The Post says the fast tracking is called a "legacy list" and has been developed by former deputy mayor, now current Bloomberg LP employee, Dan Doctoroff.
Here is the rationale behind the so-called "legacy list":
As top aides work on shaping Bloomberg’s legacy, one description they want is a pro-development mayor who drastically altered the landscape in each borough to expand gleaming office space, boost the high-tech industry here and ratchet up tourism numbers.
Some critics of the projects say the mayor needs to slow down and make sure these things are workable:
The controversial Midtown East rezoning plan would allow the construction of large office buildings near Grand Central.
City Councilman Dan Garodnick (D-Manhattan), whose district includes the proposed expansion, wrote a letter asking the administration to slow down the project in order to review potential problems.
“I understand that the mayor’s term has only 502 days remaining, but that should not be the prime factor for such an important proposal,” Garodnick wrote in August to City Planning Chairwoman Amanda Burden. “There is no reason to move at this pace.”
The plan was unveiled in July before Community Board 5’s Land Use and Zoning Committee and would alter zoning regulations to allow for more skyscrapers from around East 39th to East 57th streets between Second and Fifth avenues.
Everywhere you look, this mayor has sold out city neighborhoods to real estate developers.
I used to live in Long Island City but moved 8 years ago.
The LIC I knew is gone, replaced by Bloomberg's "gleaming" steel condos (actually given how they're built, better described as paper mache and spit condos.)
The 7 train, which back in my day was an absolute nightmare during the rush hour, is a lot worse these days.
You see, the one thing our pro-development mayor didn't develop is new ways of getting in to the city even as he was developing new residential neighborhoods as part of his legacy.
Bloomberg is not the only politician to do this, of course.
The same thing is happening in Jersey City and other areas of Hudson County - lots of new real estate development, but little to no new infrastructure to support that development.
But Bloomberg is the most proud of his "legacy," the most obsessed with it, and just as the Bloomberg Blizzard of 2010 is part of his legacy, and the ho-hum response to Superstorm Sandy is part of it, and CityTime and the failed 911 system, so is the real estate development that has happened without the infrastructure support following it.

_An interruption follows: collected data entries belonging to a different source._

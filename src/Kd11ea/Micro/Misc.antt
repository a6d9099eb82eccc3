-- ===== src/Kd11ea/Micro/Misc.antt =====
-- What a micro-cycle loads after its transfer (`kd11ea_ustep` of pdp11/kd11ea/kd11ea.c): the double
-- bus error, OVX, the MISC field and the scratchpad.
use ll.Prelude.{
  ℕ, ◌+◌, ◌-◌, ◌/◌, ◌%◌, ◌^◌, bit_and, bit_or, Bool, true, false, ◌&&◌, ◌||◌, not, leb, ◌==◌,
  if◌then◌else◌, truthy, as_bit, bit, get_or, [], ◌∷◌,
}
use ll.Unibus.{bus_dato}
use ll.Kd11ea.Decode.{
  lines, low, e53_addr, e53_data, e53_ir_code, e53_halt_rqst, e107_data, e107_cc_v, e107_cc_c,
}
use ll.Kd11ea.Decode.Roms.{e53_rom}
use ll.Kd11ea.Mmu.{sr0_abort_mask}
use ll.Kd11ea.Mmu.Roms.{m8265_e75_rom}
use ll.Kd11ea.Mmu.Wiring.{m8265_e54_io_page_enabled, m8265_e81_general_enabled, m8265_e74_e75_addr}
use ll.Kd11ea.Ucode.{
  uw_misc, uw_force_kernel, uw_spa_dst_sel, misc_load_ir, misc_load_psw, misc_load_cc,
  misc_enab_stov, misc_load_count, misc_clk_count,
}
use ll.Kd11ea.Micro.{Cpu, pc, put_sp, spa_resolve, spa_rba}
use ll.Kd11ea.Micro.Gates.{k2_3_dbe_h}
use ll.Kd11ea.Micro.Decode.{e70_data, e74_data}
use ll.Kd11ea.Micro.Wiring.{e59_e60_addr, e59_ir_code, e87_enab_dbe_l, e87_enab_ovx_l, e68_cc_code}
use ll.Kd11ea.Micro.Wires.{Wires, e68_data, byte_mux_ir}
use ll.Kd11ea.Micro.Roms.Single.{e59_rom}

-- A write to the address of the PSW loads its low byte.
unfoldable pub load_psw_low : Bool → ℕ → ℕ → Bool
load_psw_low msyn bus_ctl ba =
    if msyn && leb bus_dato bus_ctl && m8265_e54_io_page_enabled ba && m8265_e81_general_enabled ba
    then bit 2 (get_or m8265_e75_rom (m8265_e74_e75_addr ba (bit 1 bus_ctl) (bit 0 bus_ctl) 0) 0)
      == 0
    else false

-- A double bus error clears the IR, and E53 requests a HALT.
unfoldable pub double_error : Bool → Wires → Cpu → Cpu
unfolding k2_3_dbe_h e53_addr e53_rom e53_halt_rqst
double_error set_be_l w cpu =
    let user_mode_h = not cpu.bus_error && truthy (bit 15 cpu.psw) in
    let halt = truthy (e53_halt_rqst (get_or e53_rom (e53_addr 0 (as_bit user_mode_h)) 0)) in
    if k2_3_dbe_h set_be_l (truthy (e87_enab_dbe_l w.e87))
    then record cpu { ir = 0; serv_ir = false; halt_rqst = halt; halted = halt }
    else cpu

-- OVX is set by a B whose two upper bits differ, and stays.
unfoldable pub overflow : Wires → ℕ → Cpu → Cpu
overflow w b_before cpu =
    if truthy (e87_enab_ovx_l w.e87)
    then cpu
    else record cpu { ovx = if bit 15 b_before == bit 14 b_before then cpu.ovx else true }

-- The IR code is a wired or of E53, E59, E74 and E70.
unfoldable pub ir_code_of : ℕ → ℕ → ℕ
unfolding e53_data e53_ir_code e59_ir_code e59_e60_addr e59_rom e74_data e70_data
ir_code_of ir psw =
    let e53 = e53_ir_code (e53_data ir (bit 15 psw)) in
    let e59 =
      if ir / 2 ^ 12 % 8 == 0 then e59_ir_code (get_or e59_rom (e59_e60_addr ir) 0) else 0 in
    let e74 = if truthy (bit 15 ir) then 0 else low (bit 5 (e74_data ir)) in
    bit_or (bit_or (bit_or e53 e59) e74) (low (bit 0 (e70_data ir true true)))

unfoldable pub load_ir : Cpu → Cpu
unfolding ir_code_of e53_data e53_halt_rqst
load_ir cpu =
    let ir = cpu.unibus_data in
    record cpu {
      ir = ir;
      serv_ir = false;
      ir_valid = true;
      ovx = false;
      mmu = record cpu.mmu {
        sr2 = if truthy (bit_and cpu.mmu.sr0 sr0_abort_mask) then cpu.mmu.sr2 else pc cpu;
      };
      ir_code = ir_code_of ir cpu.psw;
      halt_rqst = truthy (e53_halt_rqst (e53_data ir (bit 15 cpu.psw)));
    }

-- A trap puts the old mode into the previous one; RTI and RTT of the user change no more than CC
-- and T. There are no bits 11-8.
unfoldable pub load_psw : Wires → Cpu → Cpu
load_psw w cpu =
    let data' = cpu.unibus_data in
    let trapped =
      if truthy (uw_force_kernel w.uw)
      then bit_or (bit_and data' 0xcfff) (bit_and cpu.psw 0xc000 / 2 ^ 2)
      else data' in
    let held =
      if truthy (bit 1 w.e54)
      then bit_or (bit_and trapped 0x0f1f) (bit_and cpu.psw 0xf0e0)
      else trapped in
    record cpu { psw = bit_and held 0xf0ff }

-- The condition codes of the result, N and Z from the ALU and V and C from E107.
abbrev pub cc_of : Wires → Cpu → ℕ → ℕ
cc_of w cpu rot_cbit =
    let byte = byte_mux_ir cpu.ir in
    let sign = λ (x : ℕ). if byte then bit 7 x else bit 15 x in
    let e107 =
      e107_data (sign w.alu_result) (sign w.a_leg) (sign w.b_leg) rot_cbit (cpu.psw % 2)
        (e68_cc_code (e68_data cpu.ir)) in
    lines (
      e107_cc_c e107
      ∷ e107_cc_v e107
      ∷ as_bit ((if byte then w.alu_result % 2 ^ 8 else w.alu_result % 2 ^ 16) == 0)
      ∷ sign w.alu_result
      ∷ [])

unfoldable pub load_cc : Wires → Bool → ℕ → ℕ → Cpu → Cpu
unfolding byte_mux_ir e107_data e107_cc_v e107_cc_c
load_cc w psw_low ss_out rot_cbit cpu = record cpu {
  psw =
      bit_or (bit_and cpu.psw 0xfff0)
        (if not w.aux_control || psw_low then ss_out % 16 else cc_of w cpu rot_cbit);
}

unfoldable pub enab_stov : Wires → ℕ → Cpu → Cpu
enab_stov w psw_before cpu =
    if cpu.stov_en
      && not (truthy (bit 15 psw_before))
      && 15 - w.spa_src % 16 == 6
      && bit_and w.alu_result 0xff00 == 0
    then record cpu { stov = true }
    else cpu

-- The six bit counter goes towards 0.
unfoldable pub clk_count : Cpu → Cpu
clk_count cpu = record cpu {
  count = if truthy (bit 5 cpu.count) then (cpu.count + 1) % 2 ^ 6 else (cpu.count + 63) % 2 ^ 6;
}

-- An aborted transfer loads nothing.
unfoldable pub misc_load : Wires → Bool → Bool → ℕ → ℕ → ℕ → Cpu → Cpu
unfolding load_ir load_psw load_cc enab_stov clk_count
misc_load w nxm_abort psw_low ss_out rot_cbit psw_before cpu =
    let misc = uw_misc w.uw in
    if nxm_abort
    then cpu
    else if misc == misc_load_ir
    then load_ir cpu
    else if misc == misc_load_psw
    then load_psw w cpu
    else if misc == misc_load_cc
    then load_cc w psw_low ss_out rot_cbit cpu
    else if misc == misc_enab_stov
    then enab_stov w psw_before cpu
    else if misc == misc_load_count
    then record cpu { count = ss_out % 2 ^ 6 }
    else if misc == misc_clk_count
    then clk_count cpu
    else cpu

-- The scratchpad is written in every cycle whose destination is not BA; a byte operation leaves
-- the upper byte.
unfoldable pub write_sp : Wires → Bool → ℕ → Cpu → Cpu
write_sp w nxm_abort ss_out cpu =
    let slot = spa_resolve cpu (uw_spa_dst_sel w.uw) w.uw % 16 in
    let word =
      if truthy (bit 0 w.e80)
      then bit_or (bit_and (cpu.sp slot) 0xff00) (ss_out % 2 ^ 8)
      else ss_out in
    if not (uw_spa_dst_sel w.uw == spa_rba) && not nxm_abort
    then record cpu { sp = put_sp cpu.sp slot word }
    else cpu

Bloomberg really is a pathetic little man, with his need to emblazon his name on everything he owns and garner as much attention as he possibly can.

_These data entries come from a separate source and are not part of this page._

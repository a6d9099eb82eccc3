-- ===== src/Kd11ea/Micro/Next.antt =====
-- The next address of the microprogram (`compute_next_mpc` of pdp11/kd11ea/kd11ea.c): the branches
-- of E102, BUT SERVICE and BUT DEST.
use ll.Prelude.{
  ℕ, ◌*◌, ◌/◌, ◌%◌, ◌^◌, bit_or, Bool, true, false, not, none, some, [], ◌∷◌, ◌==◌, if◌then◌else◌,
  truthy, as_bit, bit, get_or,
}
use ll.Kd11ea.Int.{IntRequest, int_ack, int_pending, arbitrate, br_from}
use ll.Kd11ea.Decode.{lines, service_roms, service_vector, e51_enab_grants}
use ll.Kd11ea.Ucode.{uw_next_mpc, uw_but_bits, uw_but_service, uw_misc, misc_but_dest}
use ll.Kd11ea.Micro.{Cpu}
use ll.Kd11ea.Micro.Decode.{but_dest_entry}
use ll.Kd11ea.Micro.Wires.{byte_mux_ir, e54_data}
use ll.Kd11ea.Micro.Wiring.{e102_addr}
use ll.Kd11ea.Micro.Roms.Function.{e102_rom}

abbrev pub e51_stov_serv : ℕ → ℕ
e51_stov_serv d = bit 2 d

unfoldable pub e102_data : ℕ → ℕ
unfolding e102_addr e102_rom
e102_data uw = get_or e102_rom (e102_addr (uw_but_bits uw)) 0

abbrev pub gated : ℕ → ℕ → ℕ
gated line value = if truthy line then value else 0

-- The lines that E102 lets onto the MPC, the lowest first.
unfoldable pub branch_lines : Cpu → ℕ → ℕ → ℕ → ℕ → ℕ
unfolding byte_mux_ir e102_data
branch_lines cpu uw count bx a_leg =
    let d = e102_data uw in
    let byte = byte_mux_ir cpu.ir in
    let sign = if byte then bit 7 cpu.alu_out else bit 15 cpu.alu_out in
    let zero_h = as_bit ((if byte then cpu.alu_out % 2 ^ 8 else cpu.alu_out % 2 ^ 16) == 0) in
    lines (
      gated (bit 7 d) (bit 9 cpu.ir)
      ∷ gated (bit 6 d) zero_h
      ∷ gated (bit 5 d) (bit 5 count)
      ∷ gated (bit 2 d) (bit 15 a_leg)
      ∷ gated (bit 4 d) (bit 0 bx)
      ∷ gated (bit 3 d) (bit 1 bx)
      ∷ gated (bit 1 d) sign
      ∷ gated (bit 0 d) (cpu.alu_cout % 2)
      ∷ [])

-- The T bit, as far as E54 enables it, and the flip-flop that keeps a stack overflow from
-- interrupting its own trap.
unfoldable pub service_inputs : Cpu → Cpu
unfolding e54_data
service_inputs cpu =
    let enab_tbit = bit 2 (e54_data cpu) in
    record cpu { enab_tbit = enab_tbit; tbit_trap = bit 4 cpu.psw * enab_tbit }

unfoldable pub e51_data : Cpu → ℕ
unfolding service_roms
e51_data cpu =
    service_roms cpu.tbit_trap (as_bit cpu.stov) (as_bit cpu.bus_error) (as_bit cpu.mmu_kte)
      cpu.ir_code

unfoldable pub clock_stov : ℕ → Cpu → Cpu
clock_stov e51 cpu =
    let stov_en = if truthy (e51_stov_serv e51) then not cpu.stov_en else true in
    record cpu { stov_en = stov_en; stov = if stov_en then cpu.stov else false }

unfoldable pub trap_service : ℕ → Cpu → Cpu
unfolding service_vector
trap_service e51 cpu = record cpu {
  service_vector = service_vector e51 (as_bit cpu.mmu_kte) 0;
  service_trap = true;
  service_intr = false;
  bus_error = false;
  tbit_trap = 0;
  mmu_kte = false;
}

abbrev pub interrupt_service : IntRequest → Cpu → Cpu
interrupt_service irq cpu = record cpu {
  service_vector = irq.vector;
  service_trap = true;
  service_intr = true;
}

-- The highest request above the priority of the processor is granted.
unfoldable pub grant_service : Cpu → Bool × Cpu
unfolding int_ack int_pending arbitrate br_from
grant_service cpu = elim (int_ack cpu.intc (cpu.psw / 2 ^ 5 % 8)) [
  | none ↦ (false, cpu)
  | some (irq, intc) ↦ (true, interrupt_service irq (record cpu { intc = intc }))
]

-- What BUT SERVICE does; true puts a line on MPC 00.
unfoldable pub but_service : Cpu → Bool × Cpu
unfolding service_inputs e51_data clock_stov trap_service grant_service e51_enab_grants
but_service cpu =
    let cpu₁ = service_inputs cpu in
    let e51 = e51_data cpu₁ in
    let cpu₂ = clock_stov e51 cpu₁ in
    if not (truthy (e51_enab_grants e51))
    then (true, trap_service e51 cpu₂)
    else if cpu₂.halt_rqst
    then (false, record cpu₂ { halted = true })
    else grant_service cpu₂

unfoldable pub compute_next_mpc : Cpu → ℕ → ℕ → ℕ → ℕ → ℕ × Cpu
unfolding uw_next_mpc branch_lines but_service but_dest_entry
compute_next_mpc cpu uw count bx a_leg =
    let next = bit_or (uw_next_mpc uw) (branch_lines cpu uw count bx a_leg) in
    let service = if truthy (uw_but_service uw) then but_service cpu else (false, cpu) in
    let dest = if uw_misc uw == misc_but_dest then but_dest_entry cpu.ir else 0 in
    (bit_or (bit_or next (as_bit service.0)) dest % 2 ^ 9, service.1)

One wonders just what damage was done to him as a child that he needs all this attention and is so obsessed with his "legacy".
Perhaps it would soothe his eventual journey into the other world if, on the day our Little Mayor is on his deathbed, city residents applaud him for his "legacy" and change the name of New York City to BlOOMBURG.
It seems only then will Bloomberg be truly happy and know that his "legacy" is forever.